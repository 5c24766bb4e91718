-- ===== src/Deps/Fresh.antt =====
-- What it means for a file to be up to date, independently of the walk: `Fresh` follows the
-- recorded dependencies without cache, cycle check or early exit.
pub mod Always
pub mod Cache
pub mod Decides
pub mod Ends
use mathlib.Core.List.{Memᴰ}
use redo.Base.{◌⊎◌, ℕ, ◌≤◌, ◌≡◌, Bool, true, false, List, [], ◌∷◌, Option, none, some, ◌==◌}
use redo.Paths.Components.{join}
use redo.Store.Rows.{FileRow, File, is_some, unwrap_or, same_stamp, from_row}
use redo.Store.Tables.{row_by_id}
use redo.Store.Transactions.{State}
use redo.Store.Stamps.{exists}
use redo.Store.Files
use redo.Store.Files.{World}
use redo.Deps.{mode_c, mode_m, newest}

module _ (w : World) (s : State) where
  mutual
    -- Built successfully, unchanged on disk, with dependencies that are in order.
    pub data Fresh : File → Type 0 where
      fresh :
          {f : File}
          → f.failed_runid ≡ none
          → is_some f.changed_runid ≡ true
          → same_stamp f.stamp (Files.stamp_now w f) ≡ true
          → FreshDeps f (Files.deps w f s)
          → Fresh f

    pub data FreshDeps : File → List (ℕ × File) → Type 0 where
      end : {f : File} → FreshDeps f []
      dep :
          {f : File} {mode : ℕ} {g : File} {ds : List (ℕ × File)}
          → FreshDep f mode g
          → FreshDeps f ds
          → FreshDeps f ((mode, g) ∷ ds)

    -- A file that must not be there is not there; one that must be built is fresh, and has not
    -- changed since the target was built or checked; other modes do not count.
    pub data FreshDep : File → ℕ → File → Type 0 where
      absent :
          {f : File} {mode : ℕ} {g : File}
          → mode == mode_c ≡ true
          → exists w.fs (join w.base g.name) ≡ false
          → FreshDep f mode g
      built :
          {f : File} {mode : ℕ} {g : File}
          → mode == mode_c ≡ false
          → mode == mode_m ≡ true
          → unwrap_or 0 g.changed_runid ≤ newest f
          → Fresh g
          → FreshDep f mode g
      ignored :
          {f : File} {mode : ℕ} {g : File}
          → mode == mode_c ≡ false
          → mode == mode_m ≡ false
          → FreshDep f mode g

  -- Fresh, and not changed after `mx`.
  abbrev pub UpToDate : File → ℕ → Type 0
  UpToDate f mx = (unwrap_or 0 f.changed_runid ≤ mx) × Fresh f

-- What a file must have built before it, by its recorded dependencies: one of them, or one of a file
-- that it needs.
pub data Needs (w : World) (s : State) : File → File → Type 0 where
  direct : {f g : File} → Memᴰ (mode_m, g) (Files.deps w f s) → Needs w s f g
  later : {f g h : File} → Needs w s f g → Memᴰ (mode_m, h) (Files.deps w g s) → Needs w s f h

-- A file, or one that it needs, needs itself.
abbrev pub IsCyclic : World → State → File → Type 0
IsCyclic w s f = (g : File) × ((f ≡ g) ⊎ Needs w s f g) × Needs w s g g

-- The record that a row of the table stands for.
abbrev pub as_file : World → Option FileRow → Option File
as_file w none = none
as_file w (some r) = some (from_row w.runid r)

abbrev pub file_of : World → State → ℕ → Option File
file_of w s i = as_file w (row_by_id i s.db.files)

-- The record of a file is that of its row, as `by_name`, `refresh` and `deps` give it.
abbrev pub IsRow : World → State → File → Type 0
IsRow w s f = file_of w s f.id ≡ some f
---
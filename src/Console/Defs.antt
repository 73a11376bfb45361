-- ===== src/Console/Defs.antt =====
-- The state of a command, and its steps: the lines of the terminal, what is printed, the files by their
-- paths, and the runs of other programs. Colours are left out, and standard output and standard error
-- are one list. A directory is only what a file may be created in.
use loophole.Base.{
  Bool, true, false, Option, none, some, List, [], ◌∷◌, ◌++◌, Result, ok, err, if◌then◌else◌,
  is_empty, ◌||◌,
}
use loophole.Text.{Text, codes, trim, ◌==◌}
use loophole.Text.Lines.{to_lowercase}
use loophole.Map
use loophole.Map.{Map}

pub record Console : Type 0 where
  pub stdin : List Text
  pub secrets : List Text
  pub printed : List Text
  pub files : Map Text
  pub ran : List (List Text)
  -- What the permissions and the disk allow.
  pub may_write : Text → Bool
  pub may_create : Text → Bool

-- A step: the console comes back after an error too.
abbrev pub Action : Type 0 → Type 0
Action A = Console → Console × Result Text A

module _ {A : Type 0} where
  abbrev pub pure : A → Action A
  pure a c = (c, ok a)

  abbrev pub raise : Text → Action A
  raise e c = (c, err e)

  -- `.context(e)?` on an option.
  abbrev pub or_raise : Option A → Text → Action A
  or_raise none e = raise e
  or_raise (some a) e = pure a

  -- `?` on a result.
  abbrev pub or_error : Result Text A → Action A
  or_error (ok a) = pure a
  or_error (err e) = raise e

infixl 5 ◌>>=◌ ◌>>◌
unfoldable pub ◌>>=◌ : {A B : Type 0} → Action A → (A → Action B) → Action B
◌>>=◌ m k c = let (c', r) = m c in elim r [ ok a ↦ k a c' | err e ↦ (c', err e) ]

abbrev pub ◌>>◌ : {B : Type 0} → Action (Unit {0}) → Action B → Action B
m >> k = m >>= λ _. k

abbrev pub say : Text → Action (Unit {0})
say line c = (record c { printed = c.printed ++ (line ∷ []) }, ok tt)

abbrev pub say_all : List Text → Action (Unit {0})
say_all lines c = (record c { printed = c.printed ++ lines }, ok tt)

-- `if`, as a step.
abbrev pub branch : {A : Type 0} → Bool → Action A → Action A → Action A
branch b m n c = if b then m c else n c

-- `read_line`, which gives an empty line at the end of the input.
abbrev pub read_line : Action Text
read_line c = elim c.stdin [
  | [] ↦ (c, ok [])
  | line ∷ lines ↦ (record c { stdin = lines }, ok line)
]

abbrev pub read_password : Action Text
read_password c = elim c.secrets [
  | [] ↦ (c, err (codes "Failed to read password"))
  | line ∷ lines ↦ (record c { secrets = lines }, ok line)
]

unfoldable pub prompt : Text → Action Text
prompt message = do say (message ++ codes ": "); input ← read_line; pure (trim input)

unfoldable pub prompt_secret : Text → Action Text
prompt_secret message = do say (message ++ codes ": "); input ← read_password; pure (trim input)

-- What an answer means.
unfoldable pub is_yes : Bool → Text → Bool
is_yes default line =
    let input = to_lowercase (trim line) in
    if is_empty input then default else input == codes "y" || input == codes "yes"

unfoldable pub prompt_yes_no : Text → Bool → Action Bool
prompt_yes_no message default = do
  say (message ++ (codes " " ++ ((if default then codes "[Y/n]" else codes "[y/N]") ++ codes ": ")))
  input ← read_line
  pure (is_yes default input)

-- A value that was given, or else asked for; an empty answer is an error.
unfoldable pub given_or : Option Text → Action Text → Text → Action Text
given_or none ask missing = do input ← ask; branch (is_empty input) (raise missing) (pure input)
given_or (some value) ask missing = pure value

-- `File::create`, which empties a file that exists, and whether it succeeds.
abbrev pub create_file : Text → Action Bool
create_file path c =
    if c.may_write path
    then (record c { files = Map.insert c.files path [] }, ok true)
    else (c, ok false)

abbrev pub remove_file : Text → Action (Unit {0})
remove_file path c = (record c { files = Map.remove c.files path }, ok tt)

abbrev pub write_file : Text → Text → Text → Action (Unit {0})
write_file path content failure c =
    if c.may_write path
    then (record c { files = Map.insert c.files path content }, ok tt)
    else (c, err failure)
...
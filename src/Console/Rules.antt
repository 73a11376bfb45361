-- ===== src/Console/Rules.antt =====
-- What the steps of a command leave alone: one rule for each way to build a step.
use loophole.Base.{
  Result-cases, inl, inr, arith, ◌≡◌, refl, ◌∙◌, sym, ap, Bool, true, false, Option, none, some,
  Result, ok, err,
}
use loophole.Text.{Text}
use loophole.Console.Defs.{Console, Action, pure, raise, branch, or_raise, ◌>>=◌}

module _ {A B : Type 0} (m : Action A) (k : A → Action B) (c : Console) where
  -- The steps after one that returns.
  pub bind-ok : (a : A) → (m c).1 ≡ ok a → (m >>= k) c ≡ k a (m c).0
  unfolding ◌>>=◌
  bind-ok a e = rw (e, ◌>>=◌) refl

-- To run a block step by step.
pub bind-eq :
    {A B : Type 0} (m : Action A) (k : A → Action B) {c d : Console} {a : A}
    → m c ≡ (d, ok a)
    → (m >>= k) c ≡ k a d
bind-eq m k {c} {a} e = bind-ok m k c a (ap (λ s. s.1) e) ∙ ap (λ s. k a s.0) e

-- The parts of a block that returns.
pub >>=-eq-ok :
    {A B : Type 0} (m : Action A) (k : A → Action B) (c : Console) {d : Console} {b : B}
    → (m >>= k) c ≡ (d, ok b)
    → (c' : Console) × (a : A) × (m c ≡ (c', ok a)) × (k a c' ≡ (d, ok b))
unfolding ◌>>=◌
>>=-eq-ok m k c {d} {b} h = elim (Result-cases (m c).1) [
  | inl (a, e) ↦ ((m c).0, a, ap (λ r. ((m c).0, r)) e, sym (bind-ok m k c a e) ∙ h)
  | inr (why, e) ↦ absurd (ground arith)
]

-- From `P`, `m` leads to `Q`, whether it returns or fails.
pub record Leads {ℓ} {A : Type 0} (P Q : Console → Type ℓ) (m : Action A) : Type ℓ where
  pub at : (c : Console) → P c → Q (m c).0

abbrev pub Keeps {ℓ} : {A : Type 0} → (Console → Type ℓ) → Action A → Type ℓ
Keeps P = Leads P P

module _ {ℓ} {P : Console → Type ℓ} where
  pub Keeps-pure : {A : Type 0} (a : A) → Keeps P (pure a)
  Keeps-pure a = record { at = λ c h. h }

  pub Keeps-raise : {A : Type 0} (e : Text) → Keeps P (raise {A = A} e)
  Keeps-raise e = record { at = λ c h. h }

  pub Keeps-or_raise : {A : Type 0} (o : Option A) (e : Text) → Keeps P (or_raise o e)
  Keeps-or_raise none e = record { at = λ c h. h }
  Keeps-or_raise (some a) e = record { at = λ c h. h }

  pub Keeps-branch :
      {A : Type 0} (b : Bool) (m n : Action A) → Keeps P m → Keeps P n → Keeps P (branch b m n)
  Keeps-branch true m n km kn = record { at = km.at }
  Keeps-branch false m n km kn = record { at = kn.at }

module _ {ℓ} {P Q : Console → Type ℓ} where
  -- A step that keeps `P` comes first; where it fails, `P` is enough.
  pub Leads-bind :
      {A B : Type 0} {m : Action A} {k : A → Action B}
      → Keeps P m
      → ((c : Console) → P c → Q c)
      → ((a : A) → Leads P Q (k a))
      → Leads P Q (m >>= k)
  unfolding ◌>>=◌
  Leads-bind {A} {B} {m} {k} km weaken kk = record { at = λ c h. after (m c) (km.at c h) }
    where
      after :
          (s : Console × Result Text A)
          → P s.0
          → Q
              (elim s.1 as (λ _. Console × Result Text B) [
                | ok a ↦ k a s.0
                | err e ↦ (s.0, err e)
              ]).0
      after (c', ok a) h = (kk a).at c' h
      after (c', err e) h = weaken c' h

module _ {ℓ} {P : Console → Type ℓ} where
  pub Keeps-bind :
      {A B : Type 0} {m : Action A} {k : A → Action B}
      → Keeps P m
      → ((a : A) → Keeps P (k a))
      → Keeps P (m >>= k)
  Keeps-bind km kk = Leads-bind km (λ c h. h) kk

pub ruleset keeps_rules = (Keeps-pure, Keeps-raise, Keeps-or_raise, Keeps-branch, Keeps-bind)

_Assignment:_ Please tally every line of the entries that holds "input" and answer with that figure alone.

_Completed exercise:_ 8